Lack of myostatin results in excessive muscle growth but impaired force generation

Abstract

The lack of myostatin promotes growth of skeletal muscle, and blockade of its activity has been proposed as a treatment for various muscle-wasting disorders. Here, we have examined two independent mouse lines that harbor mutations in the myostatin gene, constitutive null (Mstn(-/-)) and compact (Berlin High Line, BEH(c/c)). We report that, despite a larger muscle mass relative to age-matched wild types, there was no increase in maximum tetanic force generation, but that when expressed as a function of muscle size (specific force), muscles of myostatin-deficient mice were weaker than wild-type muscles. In addition, Mstn(-/-) muscle contracted and relaxed faster during a single twitch and had a marked increase in the number of type IIb fibers relative to wild-type controls. This change was also accompanied by a significant increase in type IIB fibers containing tubular aggregates. Moreover, the ratio of mitochondrial DNA to nuclear DNA and mitochondria number were decreased in myostatin-deficient muscle, suggesting a mitochondrial depletion.
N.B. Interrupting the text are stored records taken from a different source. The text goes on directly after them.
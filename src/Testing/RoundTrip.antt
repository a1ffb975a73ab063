-- ===== src/Testing/RoundTrip.antt =====
-- Printed registers read back by src/testing.cc.
use native.Mathlib.Decide.{dec_lt}
use ca.Base.{
  ==_cases, ℕ, zero, suc, ◌+◌, ◌/◌, ◌%◌, ◌^◌, ◌≤◌, ◌<◌, ◌≡◌, refl, ap, ◌∙◌, arith, Bool, true, ◌||◌,
  Option, none, some, List, [], ◌∷◌, ◌++◌, ◌==◌, if◌then◌else◌, throw, invalid_register_name, ok,
}
use ca.Base.Text.{Text, is_digit}
use ca.Base.Regex.{
  one, many, sequence, either, group, Next, or_else, at_end, regex_match, match_from, one_match,
}
use ca.ConfigFile.{has_section, get_properties}
use ca.Base.Regex.Laws.{AllIn, consumed-append, match_from-last_group}
use ca.Base.Decimal.{to_string}
use ca.Base.Decimal.RoundTrip.{
  to_string-HasDigits, digits-small, digits-large, stoul-to_string, stoull_any-to_string,
  stoi-to_string,
}
use ca.Testing.{
  RegisterInit, register_init, init_regex, hexadecimal, byte, register_number, registers_of,
  get_registers, TestFile, regname_regex, check_names, validate_section,
}
use ca.Base.{inl, inr}

no_hexadecimal :
    (c : ℕ) (rest : Text) (groups : List Text) (next : Next)
    → AllIn is_digit rest
    → match_from hexadecimal (c ∷ rest) groups next ≡ none
unfolding match_from one_match
no_hexadecimal c [] groups next h = ground arith
no_hexadecimal c (d ∷ rest) groups next h = ground (arith, h.0)

-- What follows the register's number.
abbrev value_part : Next
unfolding match_from
value_part rest groups =
    match_from
      (sequence (byte b'=') (group (either hexadecimal (sequence (one is_digit) (many is_digit)))))
      rest groups at_end

value_part-digits :
    (c : ℕ) (rest : Text) (groups : List Text)
    → is_digit c ≡ true
    → AllIn is_digit rest
    → value_part (b'=' ∷ c ∷ rest) groups ≡ some (groups ++ (c ∷ rest) ∷ [])
unfolding match_from one_match
value_part-digits c rest groups hc h =
    rw (no_hexadecimal c rest groups _ h)
      (match_from-last_group is_digit c rest groups _ at_end hc h refl)

value_part-to_string :
    (v : ℕ) (groups : List Text)
    → value_part (b'=' ∷ to_string v) groups ≡ some (groups ++ to_string v ∷ [])
value_part-to_string v groups =
    let h = to_string-HasDigits v in
    rw h.parts
      (value_part-digits h.first h.rest groups (ground (arith, h.first_digit)) h.rest_digits)

abbrev pub is_r : ℕ → Bool
is_r c = c == b'r' || c == b'R'

or_else-some : {A : Type 0} (o other : Option A) (a : A) → o ≡ some a → or_else o other ≡ some a
or_else-some o other a h = rw h refl

one_digit_matches :
    (c d v : ℕ)
    → is_r c ≡ true
    → is_digit d ≡ true
    → regex_match (c ∷ d ∷ b'=' ∷ to_string v) init_regex ≡ some ((d ∷ []) ∷ to_string v ∷ [])
unfolding regex_match match_from one_match
one_digit_matches c d v hc hd =
    rw (hc, hd)
      (ap (λ t. value_part (b'=' ∷ to_string v) (t ∷ []))
          (consumed-append (d ∷ []) (b'=' ∷ to_string v))
        ∙ value_part-to_string v ((d ∷ []) ∷ []))

two_digits_match :
    (c d e v : ℕ)
    → is_r c ≡ true
    → is_digit d ≡ true
    → is_digit e ≡ true
    → regex_match (c ∷ d ∷ e ∷ b'=' ∷ to_string v) init_regex
      ≡ some ((d ∷ e ∷ []) ∷ to_string v ∷ [])
unfolding regex_match match_from one_match
two_digits_match c d e v hc hd he =
    rw (hc, hd, he)
      (or_else-some _ _ _ (
        ap (λ t. value_part (b'=' ∷ to_string v) (t ∷ []))
          (consumed-append (d ∷ e ∷ []) (b'=' ∷ to_string v))
        ∙ value_part-to_string v ((d ∷ e ∷ []) ∷ [])))

to_string-one : (i : ℕ) → i < 10 → to_string i ≡ (b'0' + i) ∷ []
unfolding to_string
to_string-one i h = digits-small i i h

to_string-two : (i : ℕ) → 10 ≤ i → i < 100 → to_string i ≡ (b'0' + i / 10) ∷ (b'0' + i % 10) ∷ []
unfolding to_string
to_string-two zero h k = absurd (omega arith)
to_string-two (suc i) h k =
    rw (digits-large (suc i) (suc i) h, digits-small i (suc i / 10) (omega arith)) refl

-- The number is printed with one digit or two.
register_matches :
    (c i v : ℕ)
    → is_r c ≡ true
    → i < 100
    → regex_match (c ∷ to_string i ++ b'=' ∷ to_string v) init_regex
      ≡ some (to_string i ∷ to_string v ∷ [])
register_matches c i v hc h = elim (dec_lt i 10) [
  | yes small ↦ rw (to_string-one i small) (one_digit_matches c (b'0' + i) v hc (ground arith))
  | no large ↦
      rw (to_string-two i (omega arith) h)
        (two_digits_match c (b'0' + i / 10) (b'0' + i % 10) v hc (ground arith) (ground arith))
]

-- For a register number below 100 and a 64-bit value, the initialiser with the letter r or R, the
-- number, an equals sign and the value in decimal is read as that number and value.
pub register_init-to_string :
    (c i v : ℕ)
    → is_r c ≡ true
    → i < 100
    → v < 2 ^ 64
    → register_init (c ∷ to_string i ++ b'=' ∷ to_string v) ≡ ok (record { number = i; value = v })
unfolding register_init
register_init-to_string c i v hc h hv =
    rw (register_matches c i v hc h, stoul-to_string i (omega arith), stoull_any-to_string v hv)
      (ground arith)

-- A test file's property for a register.
abbrev pub print_register : RegisterInit → Text × Text
print_register r = (b'R' ∷ to_string r.number, to_string r.value)

abbrev pub print_registers : List RegisterInit → List (Text × Text)
print_registers [] = []
print_registers (r ∷ rs) = print_register r ∷ print_registers rs

abbrev pub AreRegisters : List RegisterInit → Type 0
AreRegisters [] = Unit
AreRegisters (r ∷ rs) = (r.number < 2 ^ 8) × (r.value < 2 ^ 64) × AreRegisters rs

registers_of-print :
    (rs : List RegisterInit) → AreRegisters rs → registers_of (print_registers rs) ≡ ok rs
unfolding registers_of register_number
registers_of-print [] h = refl
registers_of-print (r ∷ rs) h =
    rw
      (
        stoi-to_string r.number (omega (arith, h.0)),
        stoull_any-to_string r.value (h.1),
        registers_of-print rs (h.2),
      )
      (ground (arith, h.0))

-- For registers with 8-bit numbers and 64-bit values, if a section's properties are R with the
-- number in decimal and the value in decimal, the registers read from the section are those
-- registers, in order.
pub get_registers-print_registers :
    (section : Text) (t : TestFile) (rs : List RegisterInit)
    → AreRegisters rs
    → get_properties section t.config ≡ print_registers rs
    → get_registers section t ≡ ok rs
unfolding get_registers
get_registers-print_registers section t rs h e = rw e (registers_of-print rs h)

upper_case_kept : (rs : List RegisterInit) → check_names (print_registers rs) ≡ ok tt
unfolding regex_match match_from one_match
upper_case_kept [] = refl
upper_case_kept (r ∷ rs) = upper_case_kept rs

lower_case_matches :
    (i : ℕ) → i < 100 → regex_match (b'r' ∷ to_string i) regname_regex ≡ some (to_string i ∷ [])
unfolding regex_match match_from one_match
lower_case_matches i h = elim (dec_lt i 10) [
  | yes small ↦ rw (to_string-one i small) (ground arith)
  | no large ↦ rw (to_string-two i (omega arith) h) (ground arith)
]

-- If a section is there and its properties are one register below 100 with the letter r or R
-- followed by registers with R, all numbers in decimal, validating the section throws if the letter
-- is the lower-case one, and passes otherwise.
pub validate_section-letter :
    (name : Text) (t : TestFile) (c i : ℕ) (value : Text) (rs : List RegisterInit)
    → is_r c ≡ true
    → i < 100
    → has_section name t.config ≡ true
    → get_properties name t.config ≡ (c ∷ to_string i, value) ∷ print_registers rs
    → validate_section name t
      ≡ (if c == b'r' then throw (invalid_register_name (c ∷ to_string i)) else ok tt)
unfolding validate_section regex_match match_from one_match
validate_section-letter name t c i value rs hc hi h e =
    rw (h, e)
      (elim (==_cases c b'r') [
        | inl small ↦ rw (small, lower_case_matches i hi) refl
        | inr other ↦ rw other (upper_case_kept rs)
      ])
Overall, our results suggest that lack of myostatin compromises force production in association with loss of oxidative characteristics of skeletal muscle.

Fig. 1.

Physiological properties and size of EDL muscles from male adult Mstn^−/− mice compared with age-matched C57BL/6 wild types. (a and b) Records of superimposed isometric contraction in response to direct muscle stimulation at 1, 10, 20, 50, 100, and 200 Hz are shown for EDL muscles from wild-type (a) and Mstn^−/− (b) mice. (c) Maximal P_o of EDL muscles from Mstn^−/− mice (blue column) compared with wild types (yellow column) (P = 0.189). (d) Maximal P_o expressed as a function of muscle weight of EDL muscles from Mstn^−/− mice (blue column) compared with wild types (yellow column) (P < 0.001). (e) Wet weight of EDL muscles that were measured after force testing from Mstn^−/− mice (blue column) compared with wild types (yellow column) (P < 0.001). (f) Records of isometric twitch contraction of EDL muscles from a Mstn^−/− mouse (blue trace) and a wild-type mouse (black trace). (g) Contraction times after a single twitch stimulation of EDL muscles from Mstn^−/− mice (blue column) compared with wild types (yellow column) (P < 0.001). (h) Relaxation times after a single twitch stimulation of EDL muscles from Mstn^−/− mice (blue column) compared with wild types (yellow column) (P < 0.001).

Fig. 2.

Muscle fiber-type profiles in EDL muscles from male Mstn^−/−- and C57BL/6 wild-type mice. (a and b) Transverse sections of whole EDL (5× objective). The green fluorescence in a shows expression of MHC IIa in only a few fibers of Mstn^−/− EDL compared with C57BL/6 wild-type EDL shown in b. IIa fibers can be seen to predominate in the deep muscle regions of the muscles, which are shown on the left side of the images. The white frames show areas of deep muscle region where the fiber type distribution was analyzed. The regions outlined in a and b are shown enlarged in c and d and show an overlay of staining for MHC IIa (green) and MHC IIb (red) by using ×20 objective. Asterisks depict non-IIa/non-IIb fibers. (e) Total number of IIa fibers in the whole EDL muscle sections from Mstn^−/− mice (blue column) compared with wild types (yellow column) (P < 0.001). (f) Histogram showing the fiber-type distribution in the deep region of the EDL muscles. Fibers expressing MHC IIa and IIb and fibers negative for IIa/IIb were counted. Non-IIa/non-IIb fibers were considered as IIx fibers because there were hardly any fibers expressing slow MHC.

Fig. 3.

Oxidative properties of adult EDL muscles from 7-month-old male Mstn^−/− mice relative to age-matched C57BL/6 wild types. SDH staining of Mstn^−/− EDL (a and c) and of control EDL (b and d) in the deep (a and b, respectively) and superficial (c and d, respectively) regions. Darkly stained fibers contain high SDH activity, and pale-stained fibers contain low SDH activity.

Fig. 4.

Histological analysis of tubular aggregates from adult EDL muscles of Mstn^−/− mice. (a) Transverse sections of the EDL muscles from a 7-month-old male Mstn^−/− mouse after staining with H&E showing the presence of numerous cytoplasmic inclusions (arrowheads) in many muscle fibers. (b) Transverse sections of the EDL from a 7-month-old male Mstn^−/− mouse after Gomori's trichrome staining showing cytoplasmic inclusions in purple color (arrowheads). (c) Electron micrograph taken from an EDL of a 7-month-old male Mstn^−/− mouse showing stacks of tubular and saccular formations (∗), which define tubular aggregates, between the contractile apparatus.